To summarize, both the ANMs and doctors saw no added value from the UHC HIS, as it was
introduced as “yet another system” without integration with and rationalization of existing
systems and processes. This added significantly to existing workload without adding value in
terms of strengthening care processes, such as of continuity of care. Infrastructural
constraints of electricity, internet and paper were significant, and the demands of the UHC
HIS could not be adequately addressed.
The information architecture problematic of CRVS
CRVS concerns the registration of vital events like births and deaths, and the generation of
vital statistics from these individual records. CRVS is based on four interrelated informational
functions: recording of the vital event; notification of the same to the relevant authority; the
legal registration of the event; and, the generation of vital statistics. An effective CRVS
information system should in particular help in strengthening mortality reporting (maternal,
neonatal, and infant) disaggregated by age, sex, social group and geography . These are
key measures of health systems outcomes and also the health related SDGs. Despite the
fundamental importance of mortality reporting, yet for most LMICs, this data is very weak
with limited mechanisms for data capture, with many gaps such as in reporting from
hospitals as well as for deaths at home, and ICD (International Classification of Diseases)
coding remains weak.
Building robust CRVS HIS requires multi-sectorial coordination mechanisms across
departments of health, civil registration, statistical offices, and the community. In many
nations, the health department is legally mandated to function as the civil registration
authority, hence necessitating coordination between different ministries. Another key
challenge is bringing about legal and regulatory changes needed to link CRVS improvements
with national identity management systems and the use of new ICTs such as mobiles for
registration and notification of an event.
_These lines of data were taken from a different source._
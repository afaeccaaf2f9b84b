-- ===== src/Errors/Besu.antt =====
-- `mod besu` of src/robust_provider/errors.rs.
use robust_provider.Prelude.{ℤ, negsuc, int_eq, Message, codes, text_eq, Bool, ◌&&◌}

abbrev pub unknown_block_error_code : ℤ
unknown_block_error_code = negsuc 39000

unfoldable pub is_block_not_found : ℤ → Message → Bool
is_block_not_found code message =
    int_eq code unknown_block_error_code && text_eq message (codes "Unknown block")
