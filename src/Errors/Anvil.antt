-- ===== src/Errors/Anvil.antt =====
-- `mod anvil` of src/robust_provider/errors.rs.
use robust_provider.Prelude.{
  ℤ, negsuc, int_eq, Message, codes, contains, Bool, false, not, if◌then◌else◌,
}

abbrev pub invalid_params_error_code : ℤ
invalid_params_error_code = negsuc 32601

unfoldable pub is_block_not_found : ℤ → Message → Bool
is_block_not_found code message =
    if not (int_eq code invalid_params_error_code)
    then false
    else contains message (codes "BlockOutOfRangeError")
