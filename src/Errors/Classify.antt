-- ===== src/Errors/Classify.antt =====
-- Which RPC errors are worth a retry: src/robust_provider/errors.rs, and the predicate that
-- `try_provider_with_timeout` of src/robust_provider/provider.rs hands to `when`.
use robust_provider.Prelude.{ℤ, Message, Bool, true, not, ◌||◌, if◌then◌else◌}
use robust_provider.Errors.Geth
use robust_provider.Errors.Besu
use robust_provider.Errors.Anvil
use robust_provider.Errors.{
  ErrorPayload, RpcError, error_resp, null_resp, unsupported_feature, transport, other,
}

unfoldable pub is_block_not_found : ℤ → Message → Bool
is_block_not_found code message =
    Geth.is_block_not_found code message
    || (Besu.is_block_not_found code message || Anvil.is_block_not_found code message)

unfoldable pub is_invalid_log_filter : ℤ → Message → Bool
is_invalid_log_filter code message = Geth.is_invalid_log_filter code message

unfoldable pub is_retryable_error : ℤ → Message → Bool
is_retryable_error code message =
    let non_retryable = is_block_not_found code message || is_invalid_log_filter code message in
    not non_retryable

-- alloy's `is_retry_err` on an error response and on a transport error, which the code calls.
pub record RetryHints (T : Type 0) : Type 0 where
  pub payload_is_retry_err : ErrorPayload → Bool
  pub transport_is_retry_err : T → Bool

module _ {T : Type 0} (hints : RetryHints T) where
  unfoldable pub should_retry : RpcError T → Bool
  should_retry (error_resp payload) =
      if hints.payload_is_retry_err payload
      then true
      else is_retryable_error payload.code payload.message
  should_retry (transport kind) = hints.transport_is_retry_err kind
  should_retry null_resp = true
  should_retry (unsupported_feature name) = true
  should_retry (other text) = true
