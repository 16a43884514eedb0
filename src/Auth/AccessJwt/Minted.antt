-- ===== src/Auth/AccessJwt/Minted.antt =====
-- The tokens that a login or a refresh gives out.
use lite_mcp.Base.{
  ℕ, ◌+◌, ◌/◌, ◌<◌, ◌≤◌, String, Option, some, List, [], ◌∷◌, ◌≡◌, ◌≢◌, refl, sym, ◌∙◌, leb-false,
  arith, eq_iff, str_ne, leb-true, lookup, ap, All, IsIn, inl, inr,
}
use lite_mcp.Base.Length.{byte_length}
use lite_mcp.Base.Integer.{pos}
use lite_mcp.Base.Exec.{err}
use lite_mcp.Platform.Time.{as_utc, seconds}
use lite_mcp.Platform.Python.{Stdlib, StdlibLaws}
use lite_mcp.Platform.Jwt.{Json, text, int, Jwt, DecodeOptions}
use lite_mcp.Config.{Settings}
use lite_mcp.Db.User.{User}
use lite_mcp.Auth.Session.{Claims, Headers, Encode, build_access_token}
use lite_mcp.Auth.AccessJwt.{
  token_stale, options, verify_claims, require_str_claim, parse_sub, verify_access_jwt,
}
use lite_mcp.Auth.AccessJwt.Wire.{IsToken}
use lite_mcp.Auth.AccessJwt.Signed.{IsSigned}
use lite_mcp.Auth.AccessJwt.Accepts.{of_IsSigned}

-- The members that claims and headers have as JSON.
abbrev pub claim_members : Claims → List (String × Json)
claim_members c =
    ("iss", text c.iss)
    ∷ ("aud", text c.aud)
    ∷ ("sub", text c.sub)
    ∷ ("sid", text c.sid)
    ∷ ("jti", text c.jti)
    ∷ ("iat", int (pos c.iat))
    ∷ ("nbf", int (pos c.nbf))
    ∷ ("exp", int (pos c.exp))
    ∷ ("token_type", text c.token_type)
    ∷ []

abbrev pub claim_names : List String
claim_names = "iss" ∷ "aud" ∷ "sub" ∷ "sid" ∷ "jti" ∷ "iat" ∷ "nbf" ∷ "exp" ∷ "token_type" ∷ []

abbrev pub header_members : Headers → List (String × Json)
header_members h = ("alg", text h.alg) ∷ ("typ", text h.typ) ∷ ("kid", text h.kid) ∷ []

module _ (py : Stdlib) (pyl : StdlibLaws py) (j : Jwt) (encode : Encode) (settings : Settings)
    (load_user : ℕ → Option (Option User)) where
  open j use {decode, fromtimestamp, lower}

  -- The claims of a token that is issued at a time.
  abbrev pub claims_of : User → String → String → ℕ → Claims
  claims_of user session_id jti issued = record {
    iss = settings.admin_jwt_issuer;
    aud = settings.admin_jwt_audience;
    sub = py.uuid_str user.id;
    sid = session_id;
    jti = jti;
    iat = issued / 1000000;
    nbf = issued / 1000000;
    exp = issued / 1000000 + settings.admin_access_ttl_seconds;
    token_type = "access";
  }

  abbrev pub headers : Headers
  headers = record { alg = "HS256"; typ = "at+jwt"; kid = settings.admin_jwt_kid }

  abbrev pub token_of : User → String → String → ℕ → String
  token_of user session_id jti issued =
      (build_access_token py encode user session_id settings jti issued).0

  -- What PyJWT documents of a token that it encoded: its segments are the header and the claims as
  -- JSON, and it decodes with the same key under any options that allow its algorithm, name its issuer
  -- and its audience and require claims that it has, from `nbf` and `iat` on until `exp`, with the
  -- leeway of the options.
  pub record ReadsBack (claims : Claims) : Type 0 where
    pub parts :
        IsToken py j settings load_user
          (encode claims settings.admin_jwt_secret "HS256" headers)
          (header_members headers)
          (claim_members claims)
    pub decodes :
        (o : DecodeOptions)
        → IsIn "HS256" o.algorithms
        → o.issuer ≡ claims.iss
        → o.audience ≡ claims.aud
        → All (λ name. IsIn name claim_names) o.required
        → seconds claims.nbf ≤ o.now + seconds o.leeway
        → seconds claims.iat ≤ o.now + seconds o.leeway
        → o.now < seconds (claims.exp + o.leeway)
        → decode
            (encode claims settings.admin_jwt_secret "HS256" headers)
            settings.admin_jwt_secret
            o
          ≡ some (claim_members claims)
    pub instant : fromtimestamp (int (pos claims.iat)) ≡ some (pos (seconds claims.iat))

  -- A deployment that signs with HS256, under a key id.
  pub record SignsHs256 : Type 0 where
    pub algorithm : settings.admin_jwt_algorithm ≡ "HS256"
    pub lowered : lower "HS256" ≢ "none"
    pub kid : settings.admin_jwt_kid ≢ ""

  -- A moment at which the token is valid, and a token that is not too long.
  pub record IsInTime (token : String) (issued now : ℕ) : Type 0 where
    pub given : token ≢ ""
    pub short : byte_length token ≤ 8192
    pub after : issued ≤ now
    pub before : now < seconds (issued / 1000000 + settings.admin_access_ttl_seconds)

  module _ (user : User) (session_id jti : String) (issued now : ℕ) where
    abbrev token : String
    token = token_of user session_id jti issued

    required :
        All (λ name. IsIn name claim_names) ("exp" ∷ "nbf" ∷ "iat" ∷ "iss" ∷ "aud" ∷ "sub" ∷ [])
    required = (
      inr (inr (inr (inr (inr (inr (inr (inl refl))))))),
      (
        inr (inr (inr (inr (inr (inr (inl refl)))))),
        (
          inr (inr (inr (inr (inr (inl refl))))),
          (inl refl, (inr (inl refl), (inr (inr (inl refl)), tt))),
        ),
      ),
    )

    signed :
        SignsHs256
        → ReadsBack (claims_of user session_id jti issued)
        → IsInTime token issued now
        → IsSigned py j settings load_user token now
            (claim_members (claims_of user session_id jti issued))
    unfolding lookup build_access_token
    signed hs r t = record {
      header = header_members headers;
      payload = claim_members (claims_of user session_id jti issued);
      parts = r.parts;
      algorithm = λ e. ground (arith, hs.algorithm, eq_iff "HS256" "");
      not_none = λ e. hs.lowered (sym (ap lower hs.algorithm) ∙ e);
      alg = ap some (sym hs.algorithm);
      typ = refl;
      kid = settings.admin_jwt_kid;
      names_key = refl;
      kid_given = hs.kid;
      secret = settings.admin_jwt_secret;
      known_key = inl (refl, refl);
      decodes =
          ap (λ a. decode token settings.admin_jwt_secret (options py j settings load_user a now))
            hs.algorithm
          ∙ r.decodes (options py j settings load_user "HS256" now) (inl refl) refl refl required
              (omega (arith, t.after)) (omega (arith, t.after)) (omega (arith, t.before));
    }

    verify-signed :
        SignsHs256
        → ReadsBack (claims_of user session_id jti issued)
        → IsInTime token issued now
        → verify_access_jwt py j settings load_user token now
          ≡ verify_claims py j settings load_user
              (claim_members (claims_of user session_id jti issued))
    unfolding verify_access_jwt
    verify-signed hs r t =
        rw
          (
            str_ne token "" t.given,
            leb-true (byte_length token) 8192 t.short,
            of_IsSigned py j settings load_user token now
                (claim_members (claims_of user session_id jti issued)) (signed hs r t),
          )
          refl

    -- A token that is given out after a change of the password, but in the same second, is refused as
    -- stale: `iat` is a whole number of seconds, and the change is compared in microseconds.
    same_second_stale :
        SignsHs256
        → ReadsBack (claims_of user session_id jti issued)
        → IsInTime token issued now
        → session_id ≢ ""
        → jti ≢ ""
        → load_user user.id ≡ some (some user)
        → user.status ≡ "active"
        → as_utc user.password_changed_at ≤ issued
        → seconds (issued / 1000000) < as_utc user.password_changed_at
        → verify_access_jwt py j settings load_user token now ≡ err token_stale
    unfolding lookup verify_claims require_str_claim parse_sub
    same_second_stale hs r t sid given found active later same =
        verify-signed hs r t
        ∙ rw
            (
              pyl.uuid_parse-str user.id,
              str_ne session_id "" sid,
              str_ne jti "" given,
              found,
              (eq_iff user.status "active").1 active,
              r.instant,
              leb-false (as_utc user.password_changed_at) (seconds (issued / 1000000)) same,
            )
            refl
Securing cooperation from the communities is crucial for improved recording and
notification of vital events, but is often difficult to establish as this will involve reaching out
to community leaders, funeral authorities, religious leaders, grassroots organisations, and
others. Building these linkages is as much a technical challenge as it is institutional. For
example, improving death registration requires the establishment of clear standard
operating procedures for certification with cause of death in different contexts – the home,
the hospital, where the doctor is available or not - and how this data is coded, shared,
analysed and presented while maintaining confidentiality. And there needs to be clear
strategies on how to trace and list unrecorded deaths. This requires widespread training of
doctors in PHC facilities on medical certification of death based on ICDs, including situations
where cause of death has to be defined retrospectively. ICT support is required across
functions (recording, notification, registration, generating of statistics), across levels (from
community to national level), and to facilitate interoperability across sectors.
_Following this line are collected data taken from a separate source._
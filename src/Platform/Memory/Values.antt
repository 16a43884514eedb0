-- ===== src/Platform/Memory/Values.antt =====
-- Dates and ids in unary, and a digest that is the text itself.
use Prim.Native.Char.{Char}
use Prim.Native.String.{String, [], ◌∷◌}
use lite_mcp.Base.{ℕ, zero, suc, none, some, ◌≡◌, refl, ap}
use lite_mcp.Platform.Time.{aware}
use lite_mcp.Platform.Python.{Stdlib, StdlibLaws}

abbrev mark : Char
mark = "x"

pub unary : ℕ → String
unary zero = []
unary (suc n) = mark ∷ unary n

pub size : String → ℕ
size [] = 0
size (c ∷ s) = suc (size s)

size-unary : (n : ℕ) → size (unary n) ≡ n
unfolding size unary
size-unary zero = refl
size-unary (suc n) = ap suc (size-unary n)

abbrev pub memory_stdlib : Stdlib
memory_stdlib = record {
  sha256 = λ s. s;
  isoformat = unary;
  fromisoformat = λ s. some (aware (size s));
  uuid_str = unary;
  uuid_parse = λ s. some (size s);
  json_loads = λ s. none;
}

pub memory_stdlib-laws : StdlibLaws memory_stdlib
memory_stdlib-laws = record {
  fromisoformat-isoformat = λ t. ap (λ n. some (aware n)) (size-unary t);
  uuid_parse-str = λ i. ap some (size-unary i);
}
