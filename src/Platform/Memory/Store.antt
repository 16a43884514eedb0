-- ===== src/Platform/Memory/Store.antt =====
-- A Redis of hashes and sets, as functions of the key.
use text.Mathlib.TextPositions.{eq_refl}
use lite_mcp.Base.{
  ℕ, String, true, Option, none, some, List, [], ◌∷◌, ◌++◌, ◌≡◌, refl, arith, eq_iff, member,
  lookup, or_else, not, ◌&&◌, ◌==◌, is_none, if◌then◌else◌, Bool-cases, inl, inr,
}
use lite_mcp.Base.Exec.{Result, ok, err}
use lite_mcp.Platform.Redis.{RedisError, wrong_type, Redis, RedisLaws}

pub record Keys : Type 0 where
  pub hash : String → Option (List (String × String))
  pub set : String → List String
  pub ttl : String → Option ℕ

abbrev pairs : Option (List (String × String)) → List (String × String)
pairs none = []
pairs (some m) = m

abbrev text_at : Option (List (String × String)) → Result RedisError (Option String)
text_at none = ok none
text_at (some m) = err wrong_type

unfoldable pub without : String → List String → List String
without x [] = []
without x (y ∷ ys) = let rest = without x ys in if x == y then rest else y ∷ rest

abbrev pub memory_redis : Redis
memory_redis = record {
  State = Keys;
  exists = λ s k. not (is_none (s.hash k));
  hgetall = λ s k. pairs (s.hash k);
  hset =
      λ s k m. record s { hash = λ j. if k == j then some (m ++ pairs (s.hash j)) else s.hash j };
  get = λ s k. text_at (s.hash k);
  expire = λ s k n. record s {
    ttl = λ j. if is_none (s.hash k) then s.ttl j else if k == j then some n else s.ttl j;
  };
  ttl = λ s k. s.ttl k;
  delete = λ s k. record {
    hash = λ j. if k == j then none else s.hash j;
    set = λ j. if k == j then [] else s.set j;
    ttl = λ j. if k == j then none else s.ttl j;
  };
  smembers = λ s k. s.set k;
  sadd = λ s k x. record s { set = λ j. if k == j then x ∷ s.set j else s.set j };
  srem = λ s k x. record s { set = λ j. if k == j then without x (s.set j) else s.set j };
}

lookup-append :
    (f : String) (m d : List (String × String))
    → lookup f (m ++ d) ≡ or_else (lookup f m) (lookup f d)
unfolding lookup
lookup-append f [] d = refl
lookup-append f ((j, v) ∷ m) d = ground (arith, lookup-append f m d)

member-without :
    (x y : String) (ys : List String) → member y (without x ys) ≡ (not (x == y) && member y ys)
unfolding member without
member-without x y [] = ground arith
member-without x y (z ∷ ys) =
    ground (arith, member-without x y ys, eq_iff x z, eq_iff x y, eq_iff z y)

-- The value of a key after a command, by whether it is the command's key.
module _ (k j : String) where
  field-if :
      (f : String) (m : List (String × String)) (h : Option (List (String × String)))
      → lookup f (pairs (if k == j then some (m ++ pairs h) else h))
        ≡ (if k == j then or_else (lookup f m) (lookup f (pairs h)) else lookup f (pairs h))
  field-if f m h = elim (Bool-cases (k == j)) [
    | inl e ↦ rw e (lookup-append f m (pairs h))
    | inr e ↦ rw e refl
  ]

  member-if :
      (x y : String) (ys : List String)
      → member y (if k == j then without x ys else ys) ≡ (not (k == j && x == y) && member y ys)
  member-if x y ys = elim (Bool-cases (k == j)) [
    | inl e ↦ rw e (member-without x y ys)
    | inr e ↦ rw e refl
  ]

if_there :
    (s : Keys) (k j : String) (n : ℕ)
    → not (is_none (s.hash k)) ≡ true
    → (if is_none (s.hash k) then s.ttl j else if k == j then some n else s.ttl j)
      ≡ (if k == j then some n else s.ttl j)
if_there s k j n h = ground arith

pub memory_redis-laws : RedisLaws memory_redis
unfolding member
memory_redis-laws = record {
  hgetall-hset = λ s k j f m. field-if k j f m (s.hash j);
  hgetall-expire = λ s k j n p. refl;
  hgetall-delete = λ s k j. ground arith;
  hgetall-sadd = λ s k j x ne. refl;
  hgetall-srem = λ s k j x ne. refl;
  exists-hset = λ s k j m. ground arith;
  exists-expire = λ s k j n p. refl;
  exists-delete = λ s k j. ground arith;
  exists-sadd = λ s k j x ne. refl;
  exists-srem = λ s k j x ne. refl;
  get-hset = λ s k m fresh. rw (eq_refl k) refl;
  get-expire = λ s k j n p. refl;
  get-sadd = λ s k j x ne. refl;
  ttl-hset = λ s k j m. refl;
  ttl-expire = λ s k j n p there. if_there s k j n there;
  smembers-hset = λ s k j m ne. refl;
  smembers-expire = λ s k j n p. refl;
  member-sadd = λ s k j x y. ground arith;
  member-srem = λ s k j x y. member-if k j x y (s.set j);
  smembers-delete = λ s k j. refl;
}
In the case study presented below, we present how Tajikistan is trying to improve their CRVS
HIS, the challenges experienced and how attempts have been made to address them, with a
relative degree of success.
Till recently, Tajikistan had a well-established CRVS information system, though almost
totally without ICT support. Civil registration is handled by the Civil Registry Office (CRO)
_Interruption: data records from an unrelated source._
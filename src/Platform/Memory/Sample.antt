-- ===== src/Platform/Memory/Sample.antt =====
-- Values at which the theorems are applied.
use lite_mcp.Base.{ℕ, String, false, none, [], ◌∷◌}
use lite_mcp.Platform.Time.{aware}
use lite_mcp.Platform.Memory.Store.{Keys}
use lite_mcp.Config.{Settings, dev, LogLevel}
use lite_mcp.Db.User.{User}

abbrev pub sample_settings : Settings
sample_settings = record {
  app_name = "litemcp";
  environment = dev;
  debug = false;
  log_level = LogLevel.info;
  database_url = "postgresql://db";
  redis_url = "redis://cache";
  encryption_keys = "k" ∷ [];
  gateway_enabled = false;
  allowed_origins = [];
  trusted_proxies = [];
  storage_path = "./data/storage";
  argon2_memory_cost_kib = 19456;
  argon2_time_cost = 2;
  argon2_parallelism = 1;
  admin_jwt_secret = "s";
  admin_jwt_issuer = "i";
  admin_jwt_audience = "litemcp-admin-api";
  admin_jwt_kid = "admin-jwt-2026-01";
  admin_jwt_algorithm = "HS256";
  admin_jwt_clock_skew_seconds = 30;
  admin_jwt_previous_keys = [];
  admin_access_ttl_seconds = 900;
  admin_refresh_idle_ttl_seconds = 28800;
  admin_refresh_absolute_ttl_seconds = 604800;
  admin_session_environment = "";
  admin_login_failure_threshold = 2;
  admin_login_failure_window_seconds = 900;
  admin_lock_seconds = 900;
}

-- An active account of the given role and status.
abbrev pub account : ℕ → String → User
account i status = record {
  id = i;
  username = "Ann";
  username_normalized = "ann";
  password_hash = "h";
  role = "admin";
  status = status;
  password_changed_at = aware 0;
  last_login_at = none;
  failed_login_count = 0;
  failed_login_window_started_at = none;
  locked_until = none;
  created_at = aware 0;
  created_by = "system:bootstrap";
  updated_at = aware 0;
  updated_by = "system:bootstrap";
  row_version = 1;
}

abbrev pub ann : User
ann = account 7 "active"

abbrev pub no_keys : Keys
no_keys = record { hash = λ k. none; set = λ k. []; ttl = λ k. none }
which is located in all the 68 districts of the country, organized under the Ministry of Justice.
While being used as an example of strong routines and an institutionalized system, a
significant portion of neonatal deaths were not being recorded, as these typically happened
within the Ministry of Health facilities. Because the CRVS system relied mainly on paper
records, there was no easy way of accessing and sharing such data across health and justice
departments. There were also other challenges, like disincentives to report early deaths or
the payment requirements for citizens when interacting with the CRO, for example to get a
birth or death certificate.
At the municipality level, local government secretariats record vital events (births, deaths,
marriages etc.) for their catchment areas and on a monthly basis, and reported details to the
district CROs. Registration takes place based on citizens furnishing appropriate documents.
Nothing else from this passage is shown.